Apa kabar kamu di bulan Desember ini?
Aku, baik-baik saja sambil duduk di teras rumah orangtuaku di kampung halaman.
Sejak Oktober lalu, di tengah sibuknya pekerjaan, kala itu aku ingat akan sebuah hal yaitu tentang istirahat. Istirahat maksudku di sini bukan sekedar menghabiskan satu jam di antara pukul 12.00 hingga pukul 13.00, melainkan istirahat dari banyak hal yang biasa kita kenal sebagai ‘jeda’. Aku termasuk salah satu orang yang sadar akan life balance, jadi biasanya aku sering mengambil jeda untuk bernapas dan merefleksikan apa yang telah aku lalui. Cara jeda yang biasa aku ambil cukup lumrah dilakukan. Biasanya ya liburan. Mungkin kamu juga?
Sebelum pandemi aku bisa setiap akhir pekan ke alam atau ke tempat yang berdekatan dengan alam. Datang ke alam membuatku merasa pulang, sebab alam selalu menerima semua asa yang ku bawa. Tahun ini agak berbeda. Semenjak pertengahan Maret aku cukup sulit menemukan cara untuk jeda seperti biasanya. Dengan banyaknya kegiatan yang menjadi lebih banyak dilakukan di rumah, aku sempat mencari cara rehat yang bisa dilakukan di rumah tapi rasanya seperti melarikan diri saja. Parahnya, media sosial menjadi seperti tempat baru untukku pergi menjelajah. Bukannya tidak baik. Namun, media sosial tidak menawarkan pengalaman ‘jeda’ yang sama ketika aku pergi berlibur, untuk bernapas dan merefleksikan diri.
Untungnya, di tengah ketidakpastian pandemi, beberapa kebijakan mulai memberikan solusi untuk melakukan perjalanan dengan protokol kesehatan. Aku mulai memberanikan diri membuat perencanaan, berdiskusi kemungkinan aku pergi berlibur dengan atasan di tempatku bekerja, serta memilih prioritas tempat yang ingin ku datangi. Tempat yang kupilih kali ini hanya satu; kampung halamanku. Alasannya adalah, aku ingin cukup lama dapat berdiam diri di suatu tempat yang tenang. Tidak hanya itu, aku juga merencanakan apa saja yang tidak ingin aku lakukan selama di sana. Cukup berbeda bukan? Biasanya orang-orang akan membuat daftar apa yang ingin dilakukan, sedangkan aku memilih sebaliknya. Sebab jeda bagiku adalah membiarkan aku mengalami hal-hal di luar kebiasaan dan menikmati setiap kejutan-kejutannya. Jadi aku tidak melakukan hal-hal yang menurutku hanya akan merusak proses istirahatku ini.
Melakukan hal di luar kebiasaan adalah salah satu cara ampuh untukku menikmati proses jeda.
Di kampung, kegiatan yang aku lakukan adalah makan semua makanan kesukaan yang hanya ada di sini, bertemu keluarga dan teman-temanku, melakukan aktivitas sesuai keinganan hati, setiap malam makan bersama dengan orangtuaku, menulis catatan refleksi setahun ini, membiarkan pikiranku istirahat dengan tenang seolah-olah aku sedang mengisi dayaku sendiri, serta banyak hal seru lainnya yang aku temui setiap harinya.
Setelah 14 hari kedatanganku di kampung halaman, sejak hari pertama dan hingga hari ini, jam tidurku berubah dratis.

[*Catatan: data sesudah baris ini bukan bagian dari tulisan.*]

-- ===== src/Auth/WebSessions.antt =====
-- ui/app/auth.py: cookie sessions. The token hash is a parameter, and so are the token that
-- `secrets` draws and the time.
use openvpn_server.Base.{
  ℕ, ◌+◌, ◌-◌, ◌/◌, Bool, true, not, ◌&&◌, Option, none, some, List, [], ◌∷◌, ◌++◌, Text, text_eq,
  nonempty, if◌then◌else◌, ltb, ◌==◌, delete_where, update_where, take, coalesce, is_some,
}
use openvpn_server.Db.Schema.{Db, User, WebSession}

pub data Role : Type 0 where
  client admin : Role

pub record SessionUser : Type 0 where
  pub id : ℕ
  pub username : Text
  pub client_name : Option Text
  pub client_serial : Option Text
  pub role : Role

abbrev pub session_user : User → SessionUser
session_user u = record {
  id = u.id;
  username = u.username;
  client_name = u.client_name;
  client_serial = u.client_serial;
  role = if is_some u.client_name then client else admin;
}

unfoldable pub find_web_session : Text → List WebSession → Option WebSession
find_web_session hash [] = none
find_web_session hash (s ∷ rows) =
    if text_eq s.token_hash hash then some s else find_web_session hash rows

unfoldable pub find_user : ℕ → List User → Option User
find_user id [] = none
find_user id (u ∷ rows) = if u.id == id then some u else find_user id rows

unfoldable pub join_user : List User → Option WebSession → Option (WebSession × User)
join_user users none = none
join_user users (some s) = elim (find_user s.user_id users) [ none ↦ none | some u ↦ some (s, u) ]

-- The row of the JOIN: the session with this hash and its user.
unfoldable pub session_row : Db → Text → Option (WebSession × User)
session_row db hash = join_user db.users (find_web_session hash db.web_sessions)

abbrev pub extend_session : Text → ℕ → Db → Db
extend_session hash expires db = record db {
  web_sessions =
      update_where (λ s. text_eq s.token_hash hash) (λ s. record s { expires_at = expires })
        db.web_sessions;
}

module _ (token_hash : Text → Text) where
  unfoldable pub create_session : Text → Db → ℕ → ℕ → ℕ → Option Text → Option Text → Text × Db
  create_session token db user_id ttl now ip user_agent = (
    token,
    record db {
      web_sessions =
          db.web_sessions
          ++ (record {
            token_hash = token_hash token;
            user_id = user_id;
            created_at = now;
            expires_at = now + ttl;
            ip = ip;
            user_agent = some (take 200 (coalesce user_agent []));
          })
            ∷ [];
    },
  )

  unfoldable pub get_session_user : Db → Option Text → ℕ → Bool → ℕ → Option SessionUser × Db
  get_session_user db none ttl extend now = (none, db)
  get_session_user db (some token) ttl extend now =
      if not (nonempty token) then (none, db) else (elim (session_row db (token_hash token)) [
        | none ↦ (none, db)
        | some (s, u) ↦ if ltb s.expires_at now then (none, db) else (
          some (session_user u),
          if extend && ltb (s.expires_at - now) (ttl / 2)
              then extend_session s.token_hash (now + ttl) db
              else db,
        )
      ])

  unfoldable pub delete_session : Db → Option Text → Db
  delete_session db none = db
  delete_session db (some token) =
      if nonempty token
      then record db {
        web_sessions = delete_where (λ s. text_eq s.token_hash (token_hash token)) db.web_sessions;
      }
      else db

  -- An empty token to keep is as none.
  abbrev pub is_other : ℕ → Option Text → WebSession → Bool
  is_other user_id none s = s.user_id == user_id
  is_other user_id (some keep) s =
      s.user_id == user_id
      && (if nonempty keep then not (text_eq s.token_hash (token_hash keep)) else true)

  unfoldable pub delete_user_sessions : Db → ℕ → Option Text → Db
  delete_user_sessions db user_id keep = record db {
    web_sessions = delete_where (is_other user_id keep) db.web_sessions;
  }
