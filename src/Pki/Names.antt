-- ===== src/Pki/Names.antt =====
-- ui/app/pki.py, validate_name with NAME_RE and RESERVED.
use openvpn_server.Base.{
  ℕ, ◌+◌, Bool, true, false, not, ◌&&◌, ◌||◌, [], ◌∷◌, map, Text, text_eq, codes, if◌then◌else◌,
  ◌==◌, leb, length, is_digit,
}

abbrev pub is_alnum : ℕ → Bool
is_alnum c = is_digit c || ((leb b'A' c && leb c b'Z') || (leb b'a' c && leb c b'z'))

-- [A-Za-z0-9_.@-]
abbrev pub is_name_char : ℕ → Bool
is_name_char c = is_alnum c || ((c == b'_' || c == b'.') || (c == b'@' || c == b'-'))

unfoldable pub all_name_chars : Text → Bool
all_name_chars [] = true
all_name_chars (c ∷ s) = is_name_char c && all_name_chars s

-- NAME_RE: ^[A-Za-z0-9][A-Za-z0-9_.@-]{0,63}\Z
unfoldable pub matches_name : Text → Bool
matches_name [] = false
matches_name (c ∷ s) = is_alnum c && (all_name_chars s && leb (length s) 63)

-- `c.lower()` of an ASCII character.
abbrev pub lower : ℕ → ℕ
lower c = if leb b'A' c && leb c b'Z' then c + 32 else c

unfoldable pub is_reserved : Text → Bool
is_reserved name =
    text_eq (map lower name) (codes "server") || text_eq (map lower name) (codes "ca")

-- `validate_name` does not raise PkiError.
unfoldable pub is_valid_name : Text → Bool
is_valid_name name = matches_name name && not (is_reserved name)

Aku jadi bisa tidur sebelum pukul 10 malam dan sudah bangun di jam 6 pagi. Makanku menjadi teratur karena masakan ibu selalu membuatku lapar. Tentunya, yang paling terasa adalah aku jadi lebih mudah fokus berpikir, terbiasa tidak membuka media sosial, dan lebih banyak ngobrol atau bersenda gurau dengan orangtuaku. Kadang, aku pun mengisi waktuku hanya dengan sekadar duduk diam menyadari napasku sendiri di antara aktivitas sederhana yang beragam lainnya.
Proses jeda setiap orang memang berbeda. Namun, kita tetap melakukan hal yang sama, yaitu ‘istirahat’. Bagiku, apapun kesibukan kita saat ini, kita tidak boleh lupa untuk meluangkan waktu sejenak untuk rehat. Waktu tidak pernah menunggu. Jadi, penting untuk tahu kapan kita harus duduk diam sebentar, berjalan, atau berlari lagi. Nikmati waktu yang kita miliki sekarang.
Tahun ini, jeda terlamaku adalah pulang ke tempat yang selalu ku ingat di manapun kakiku berpijak; rumah orangtua. Kalau kamu, bagaimana?
Penting untuk tahu kapan kita harus duduk diam sebentar, berjalan, atau berlari lagi.